Unternehmen mit Verantwortung

Reinhard Kepplinger und Kuno Haas: Wo die Grüne Erde blüht

(c) Grüne Erde

Unternehmen mit Verantwortung. Ökologisch, sozial, sinnstiftend: Reinhard Kepplinger und Kuno Haas stellen Möbel her und wollen in drei Jahren plastikfrei produzieren.

Angefangen hat alles vor knapp 35 Jahren mit einem Traumforscher und ein paar Achtundsechzigern im oberösterreichischen Scharnstein. „Weiße Wolke“ nannte Firmengründer Karl Kammerhofer das erste Produkt eines Unternehmens, das er Grüne Erde getauft hatte. Sein Freund, ein Traumforscher, hatte ihm die Rezeptur für eine Matratze dazu geliefert.

Mittlerweile ist der Gründer ausgestiegen, Reinhard Kepplinger und Kuno Haas leiten das Unternehmen, das Möbel, Naturmode, Heimtextilien und Kosmetik herstellt.
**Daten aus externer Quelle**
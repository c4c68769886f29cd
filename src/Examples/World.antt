-- ===== src/Examples/World.antt =====
-- A server with two registered clients, 3 at address 77 and 5 at address 78, that have a request
-- each.
use music_server_app.Base.{
  ℕ, ◌||◌, true, false, Option, none, some, [], ◌∷◌, ◌==◌, if◌then◌else◌, List,
}
use music_server_app.Packet.{Header, ClntData}
use music_server_app.Packet.Bytes.{little}
use music_server_app.PlayList.{PlState, PlayList, Request, waiting}
use music_server_app.ClientDb.{
  Server, ClientDb, Environment, Scheduled, ClntMsg, blank, registered, unregistered,
}
use music_server_app.ResourceManager.{RManager, idle}

abbrev pub header_of : ℕ → ℕ → ℕ → Header
header_of id client last = record {
  total_size = 0;
  token = 0x01020304;
  msg_id = id;
  clnt_id = client;
  signature = 0x55;
  is_last = last;
}

abbrev pub song_bytes : List ℕ
song_bytes = b's' ∷ b'o' ∷ b'n' ∷ b'g' ∷ []

abbrev pub add_message : ClntData
add_message = record { header = header_of 3 3 1; payload = some song_bytes; payload_size = 4 }

abbrev pub blank_message : ClntData
blank_message = record { header = header_of 0 0 0; payload = none; payload_size = 0 }

abbrev pub one_request : Request
one_request = record { token = 5; id = 3; pl_status = waiting; payload = song_bytes; size = 4 }

abbrev pub other_request : Request
other_request = record { token = 8; id = 5; pl_status = waiting; payload = song_bytes; size = 4 }

abbrev pub play_list_of : List Request → PlayList
play_list_of rs = record {
  p_list = λ i.
      if i == 3
      then record { nodes = rs; total_node = 1 }
      else if i == 5
      then record { nodes = other_request ∷ []; total_node = 1 }
      else record { nodes = []; total_node = 0 };
  play_list_size = 2;
  current_playing = 255;
  current_downloading = 255;
  locked = false;
}

abbrev pub free_slot : Scheduled
free_slot = record {
  client_id = 0;
  client_ip = 0;
  req_token = 0;
  status = PlState.unset;
  file_name = blank;
}

abbrev pub clients : ClientDb
clients = record {
  client_id = λ i. i;
  client_name = λ a. 0;
  client_ip = λ i. if i == 3 then 77 else if i == 5 then 78 else 0;
  client_state = λ i. if i == 3 || i == 5 then registered else unregistered;
  sch_data = λ i. free_slot;
  schedule_index = 0;
}

abbrev pub reachable : Environment
reachable = record {
  connects = λ n ip. true;
  sends = λ n. true;
  order = little;
  garbage = 0;
  stores = λ bytes. bytes;
}

abbrev pub server : Server
server = record {
  cdb = clients;
  pl = play_list_of (one_request ∷ []);
  stop = 0;
  player_file = blank;
  jobs = [];
  unlinked = [];
  outbox = [];
  network_calls = 0;
  token = 0;
  env = reachable;
}

abbrev pub manager : RManager
manager = record { rm_state = idle; is_active = 0; rm_queue = []; server = server; picks = λ n. n }

abbrev pub message : ℕ → Option (List ℕ) → ℕ → ClntMsg
message id payload size = record {
  clnt_sock_fd = 4;
  cli_addr = 77;
  clnt_data = record { header = header_of id 3 1; payload = payload; payload_size = size };
}
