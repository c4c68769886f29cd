-- ===== src/Examples/Connections.antt =====
-- A client that connects and sends a request.
use music_server_app.Base.{ℕ, ◌≡◌, refl, none, some, List, [], ◌∷◌, arith}
use music_server_app.Packet.Bytes.{little, big}
use music_server_app.Packet.RoundTrip.{full, layout, encoded, encode_packet-layout}
use music_server_app.ClientDb.{handle_client}
use music_server_app.Socket.{Event, not_set, chunk}
use music_server_app.Socket.Receive.{closed, piece, wait}
use music_server_app.ServerRoutine.Connection as Connection
use music_server_app.Startup.{client_message, accept_client, Posts, accept_client-Posts}
use music_server_app.Examples.World.{server, add_message, song_bytes, message}

abbrev request_packet : List ℕ
request_packet = layout add_message.header 16 song_bytes

abbrev in_pieces : List Event
in_pieces =
    chunk (0x55 ∷ [])
    ∷ not_set
    ∷ chunk (0 ∷ 0 ∷ 0 ∷ 16 ∷ 3 ∷ 3 ∷ 1 ∷ 2 ∷ 3 ∷ 4 ∷ 1 ∷ song_bytes)
    ∷ chunk []
    ∷ []

accept_client-Posts_example :
    ((accept_client server (message 0 none 0) (some (9, 77))).jobs
      ≡ handle_client (client_message (message 0 none 0) 9 77) ∷ [])
    × Posts little
        (message 0 none 0)
        9
        77
        add_message
        song_bytes
        []
        (Connection.handle_client little (client_message (message 0 none 0) 9 77) in_pieces)
accept_client-Posts_example =
    accept_client-Posts little (message 0 none 0) 9 77 big add_message song_bytes []
      (full refl refl) (omega arith) (omega arith) refl (encoded big add_message) request_packet
      (encode_packet-layout big add_message song_bytes (full refl refl) (omega arith))
      (piece (wait (piece closed))) server
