-- ===== src/Examples/Deletions.antt =====
-- Requests that leave a play list of MusicServer/src/playlist.c, or change their state.
use music_server_app.Base.{◌≡◌, refl, [], ◌∷◌, arith, Outcome, List}
use music_server_app.Base.Run.{Run, ok, fault, Returns}
use music_server_app.PlayList.{
  Request, PlayList, downloading, ready, playing, init_play_list, put_list, delete_downloading,
  downloading_check, playing_check, delete_playing, set_play_list_status, promote, promote_in, lock,
}
use music_server_app.PlayList.Invariant.{
  IsSound, init_play_list-IsSound, put_list-IsSound, downloads-IsSound, plays-IsSound,
  resize-IsSound,
}
use music_server_app.PlayList.Deletion.{
  Deleted, Counted, delete_downloading-Deleted, delete_playing-Counted, delete_playing_misdirected,
}
use music_server_app.Examples.World.{one_request}

abbrev three : List Request
three =
    record one_request { pl_status = playing }
    ∷ record one_request { token = 6; pl_status = downloading }
    ∷ one_request
    ∷ []

-- Client 3 has a song that plays, one that is downloaded and one that waits.
busy : PlayList
unfolding init_play_list put_list
busy = record (put_list init_play_list 3 (record { nodes = three; total_node = 3 })) {
  play_list_size = 3;
  current_downloading = 3;
  current_playing = 3;
}

busy-IsSound : IsSound busy
unfolding busy init_play_list put_list
busy-IsSound =
    let placed =
      put_list-IsSound 3 (record { nodes = three; total_node = 3 }) init_play_list-IsSound
        ((refl, (refl, (refl, tt))), λ e. absurd (omega (arith, e))) in
    resize-IsSound 3 (plays-IsSound 3 (downloads-IsSound 3 placed (omega arith)) (omega arith))

delete_downloading-Deleted_example :
    Returns
      (λ (res, pl'). Deleted downloading_check busy busy.current_downloading res pl')
      (delete_downloading busy)
unfolding busy
delete_downloading-Deleted_example = delete_downloading-Deleted busy-IsSound (omega arith)

delete_playing-Counted_example :
    Returns (Counted playing_check busy busy.current_playing) (delete_playing busy)
unfolding busy
delete_playing-Counted_example = delete_playing-Counted busy-IsSound (omega arith)

-- The download of client 3 is ready while client 5's song plays.
two_clients : PlayList
unfolding busy put_list
two_clients =
    put_list busy 5
      (record { nodes = record one_request { id = 5; pl_status = playing } ∷ []; total_node = 1 })

two_clients-IsSound : IsSound two_clients
unfolding two_clients
two_clients-IsSound = put_list-IsSound 5 _ busy-IsSound ((refl, tt), λ e. absurd (omega (arith, e)))

abbrev after : PlayList → Run (Outcome × PlayList) → PlayList
after pl (ok (res, pl')) = pl'
after pl (fault e) = pl

delete_playing_misdirected_example :
    Returns
      (λ (_, pl2). pl2.p_list 5 ≡ two_clients.p_list 5)
      (delete_playing (after two_clients (set_play_list_status two_clients 3 ready)))
unfolding two_clients busy put_list init_play_list set_play_list_status promote_in promote lock
delete_playing_misdirected_example =
    delete_playing_misdirected two_clients-IsSound 3 5 (omega arith) (omega arith) ready refl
Aus einem halben Dutzend Mitarbeitern wurden knapp 500. Eines ist geblieben: Grüne Erde steht für nachhaltig, sozial und ökologisch. Heute ist das Konzept nicht nur akzeptiert, es wird mit Preisen überhäuft. 1983 war das noch anders. „Der Pfarrer predigte, wir seien eine Sekte“, erinnerte sich Kepplinger.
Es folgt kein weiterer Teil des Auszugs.